For the first time in its history, USA Discounters is living up to its name. For years, the company has specialized in selling marked-up appliances, electronics and furniture to service members through high-priced loans. But these days, it’s just the place for a soldier to go for a steal on a bedroom set or a washer. The company’s website used to shout “Bad Credit? Slow Credit? No Credit? No Problem!” Now it’s “ENTIRE STORE ON SALE!”
The chain, which once had 24 stores, almost all right outside military bases around the country, has been holding a rolling going out of business sale. The closures follow our investigation of the company’s lending practices last summer and a subsequent series of government inquiries and Department of Defense actions.
USA Discounters did not respond to our calls and emails seeking comment. Just seven of the company’s two dozen stores remain open – and those are furiously selling off merchandise at discounts of “70%-95% OFF,” according to the company’s website.
ProPublica’s investigation, which also ran in the Washington Post, detailed how the company guaranteed credit to service members for items that sometimes sold for two to three times the typical retail price. If borrowers fell far behind on their loans, USA Discounters sued them in Virginia state court, regardless of where the purchases were made.

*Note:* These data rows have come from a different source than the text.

-- ===== src/Migrator/Engines/Distribution.antt =====
-- `Distributed`, cmd/signozschemamigrator/schema_migrator/table.go.
use Prim.Native.String.{◌++◌}
use k_o11y_otel_gateway.Prelude.{String}

pub record Distributed : Type 0 where
  pub cluster : String
  pub database : String
  pub table : String
  pub sharding_key : String

unfoldable pub on_cluster : String → Distributed → Distributed
on_cluster c d = record d { cluster = c }

abbrev pub engine_type : Distributed → String
engine_type d = "Distributed"

unfoldable pub to_sql : Distributed → String
to_sql d =
    "Distributed('" ++ d.cluster ++ "', " ++ d.database ++ ", " ++ d.table ++ ", " ++ d.sharding_key
    ++ ")"
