-- ===== src/Migrator/Engines.antt =====
-- Table engines and their settings, cmd/signozschemamigrator/schema_migrator/table.go.
pub mod Merge
pub mod Replacing
pub mod Aggregating
pub mod Summing
pub mod Distribution
pub mod Settings
use k_o11y_otel_gateway.Prelude.{String}
use k_o11y_otel_gateway.Migrator.Engines.Replacing
use k_o11y_otel_gateway.Migrator.Engines.Aggregating
use k_o11y_otel_gateway.Migrator.Engines.Summing
use k_o11y_otel_gateway.Migrator.Engines.Merge
use k_o11y_otel_gateway.Migrator.Engines.Distribution
use k_o11y_otel_gateway.Migrator.Engines.Merge.{MergeTree}
use k_o11y_otel_gateway.Migrator.Engines.Distribution.{Distributed}
pub use k_o11y_otel_gateway.Migrator.Engines.Settings.{
  TableSetting, table_settings_sql, table_settings_clause,
}

-- The structs that implement `TableEngine`. The last three hold a `MergeTree` and nothing else.
pub data TableEngine : Type 0 where
  merge_tree : MergeTree → TableEngine
  replacing_merge_tree : MergeTree → TableEngine
  aggregating_merge_tree : MergeTree → TableEngine
  summing_merge_tree : MergeTree → TableEngine
  distributed : Distributed → TableEngine

unfoldable pub engine_type : TableEngine → String
unfolding Merge.engine_type Replacing.engine_type Aggregating.engine_type Summing.engine_type
engine_type (merge_tree m) = Merge.engine_type m
engine_type (replacing_merge_tree m) = Replacing.engine_type m
engine_type (aggregating_merge_tree m) = Aggregating.engine_type m
engine_type (summing_merge_tree m) = Summing.engine_type m
engine_type (distributed d) = Distribution.engine_type d

unfoldable pub engine_sql : TableEngine → String
unfolding Merge.to_sql Replacing.to_sql Aggregating.to_sql Summing.to_sql Distribution.to_sql
engine_sql (merge_tree m) = Merge.to_sql m
engine_sql (replacing_merge_tree m) = Replacing.to_sql m
engine_sql (aggregating_merge_tree m) = Aggregating.to_sql m
engine_sql (summing_merge_tree m) = Summing.to_sql m
engine_sql (distributed d) = Distribution.to_sql d

-- A no-op for all but `Distributed`.
unfoldable pub engine_on_cluster : String → TableEngine → TableEngine
unfolding Distribution.on_cluster
engine_on_cluster c (distributed d) = distributed (Distribution.on_cluster c d)
engine_on_cluster c e = e

unfoldable pub engine_with_replication : TableEngine → TableEngine
unfolding Merge.with_replication Replacing.with_replication Aggregating.with_replication
    Summing.with_replication
engine_with_replication (merge_tree m) = merge_tree (Merge.with_replication m)
engine_with_replication (replacing_merge_tree m) =
    replacing_merge_tree (Replacing.with_replication m)
engine_with_replication (aggregating_merge_tree m) =
    aggregating_merge_tree (Aggregating.with_replication m)
engine_with_replication (summing_merge_tree m) = summing_merge_tree (Summing.with_replication m)
engine_with_replication (distributed d) = distributed d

Between 2006 and last July, USA Discounters had filed more than 13,000 suits in Virginia courts – almost always winning – and seized the pay of more active-duty military than any company in the country.

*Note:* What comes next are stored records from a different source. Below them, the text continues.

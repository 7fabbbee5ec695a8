-- ===== src/Migrator/Table/Create.antt =====
-- `CreateTableOperation`, cmd/signozschemamigrator/schema_migrator/table_operations.go.
use Prim.Native.String.{◌++◌}
use k_o11y_otel_gateway.Prelude.{String, true, false, List, [], ◌∷◌, Option, none, some}
use k_o11y_otel_gateway.Migrator.Text.{join, clause, qualified}
use k_o11y_otel_gateway.Migrator.Columns.{Columns, columns_sql}
use k_o11y_otel_gateway.Migrator.Engines.{
  TableEngine, engine_sql, engine_on_cluster, engine_with_replication,
}
use k_o11y_otel_gateway.Migrator.Parts.{Index, Projection, index_sql, projection_sql}
use k_o11y_otel_gateway.Migrator.Traits.{Traits}

pub record CreateTable : Type 0 where
  pub cluster : String
  pub database : String
  pub table : String
  pub columns : Columns
  pub indexes : List Index
  pub projections : List Projection
  pub engine : TableEngine

unfoldable pub on_cluster : String → CreateTable → CreateTable
on_cluster c a = record a { cluster = c; engine = engine_on_cluster c a.engine }

unfoldable pub with_replication : CreateTable → CreateTable
with_replication a = record a { engine = engine_with_replication a.engine }

unfoldable pub traits : CreateTable → Traits
traits a = record {
  waits_for_queue = false;
  queue_database = a.database;
  queue_table = a.table;
  is_mutation = false;
  is_idempotent = true;
  is_lightweight = true;
  force_migrate = false;
}

unfoldable pub indexes_text : List Index → String
indexes_text [] = ""
indexes_text (i ∷ is) = ", " ++ index_sql i ++ indexes_text is

unfoldable pub projections_text : List Projection → String
projections_text [] = ""
projections_text (p ∷ ps) = ", " ++ projection_sql p ++ projections_text ps

unfoldable pub to_sql : CreateTable → Option String
to_sql a = elim (columns_sql a.columns) [
  | none ↦ none
  | some cols ↦ some (
      "CREATE TABLE IF NOT EXISTS "
      ++ qualified a.database a.table
      ++ clause " ON CLUSTER " a.cluster
      ++ " ("
      ++ join ", " cols
      ++ indexes_text a.indexes
      ++ projections_text a.projections
      ++ ")"
      ++ " ENGINE = "
      ++ engine_sql a.engine)
]
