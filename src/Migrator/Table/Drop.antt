-- ===== src/Migrator/Table/Drop.antt =====
-- `DropTableOperation`, cmd/signozschemamigrator/schema_migrator/table_operations.go.
use Prim.Native.String.{◌++◌}
use k_o11y_otel_gateway.Prelude.{String, true, false, List}
use k_o11y_otel_gateway.Migrator.Text.{clause, qualified}
use k_o11y_otel_gateway.Migrator.Engines.{TableSetting, table_settings_clause}
use k_o11y_otel_gateway.Migrator.Traits.{Traits}

pub record DropTable : Type 0 where
  pub cluster : String
  pub database : String
  pub table : String
  pub settings : List TableSetting

unfoldable pub on_cluster : String → DropTable → DropTable
on_cluster c a = record a { cluster = c }

unfoldable pub traits : DropTable → Traits
traits a = record {
  waits_for_queue = false;
  queue_database = a.database;
  queue_table = a.table;
  is_mutation = true;
  is_idempotent = true;
  is_lightweight = true;
  force_migrate = false;
}

unfoldable pub to_sql : DropTable → String
to_sql a =
    "DROP TABLE IF EXISTS "
    ++ qualified a.database a.table
    ++ clause " ON CLUSTER " a.cluster
    ++ table_settings_clause a.settings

Another retailer featured in the story, Freedom Furniture and Electronics, is also closing.
Following our story last year, a group of senators sent letters to federal regulators urging them to investigate USA Discounters and toughen up laws and regulations to address the lending and collection issues highlighted in the article. A spokesman for the Consumer Financial Protection Bureau (CFPB) said the agency does not comment on investigations.
The company initially reacted by issuing a press release calling ProPublica’s reporting inaccurate, though it identified no errors. Later, USA Discounters announced it was changing the name of its stores to “USA Living” and reforming its collection practices. It would still sue service members in a court that might be hundreds of miles from where they are based, but customers would be clearly notified of the impending action and given the option to be sued closer to home. It was a change a consumer advocate described as “a little less bad” than before.
Then, late last year, the Defense Department announced a big change that seemed likely to dramatically change the way the company did business. As we detailed in our story, USA Discounters’ military customers almost always set up payments through the military’s allotment system. That ensured that with every paycheck, USA Discounters got paid first. In one letter after ProPublica’s story, five senators urged the Department to accelerate an already ongoing review of the system.
The Department’s new policy prevents retailers like USA Discounters from using allotments as a form of payment and eliminated “that aspect of the allotment system most prone to abuse by unscrupulous lenders that prey on our service members,” as a Department press release put it.
Both USA Discounters and Freedom told us last year that the change to allotments would not have a major impact on their business.
Separately the company also entered into a settlement with the CFPB last year over a $5 fee the company charged its military customers.
The new year brought more complications. In April, USA Discounters was hit with a class action lawsuit. In July, Colorado’s attorney general filed suit, calling the company’s practice of filing lawsuits in Virginia against Colorado-based service members “unconscionable.” North Carolina’s attorney general has announced an investigation of the company, which a spokeswoman said was ongoing.
USA Discounters continued filing lawsuits against service members in Virginia courts until May of this year, but recently it has dropped almost all of its open suits against out-of-state defendants, court records show. At a court date in Virginia Beach General District Court earlier this month, 60 lawsuits were on the docket. Defendants were based at Fort Bragg, Fort Polk, Fort Benning, and Fort Hood, among other installations in states from Georgia to Washington. The company dropped all but two of the suits.
Freedom has also been under scrutiny. Last year, the company settled with the CFPB and attorneys general in Virginia and North Carolina over their debt collection practices. The company agreed to credit or refund customers $2.5 million, pay a penalty of $100,000, and stop filing lawsuits in Virginia courts against out-of-state service members. Separately, Colorado’s attorney general has also sued the company.
But, in a statement, Freedom said its decision to close down had nothing to do with the change to allotments or lawsuits by regulators. Instead, it was due to increased competition from the lease-to-own industry and the fact that “the price of televisions and other consumer electronics, which make up half of our sales, has decreased significantly,” said spokeswoman Elizabeth Heaton.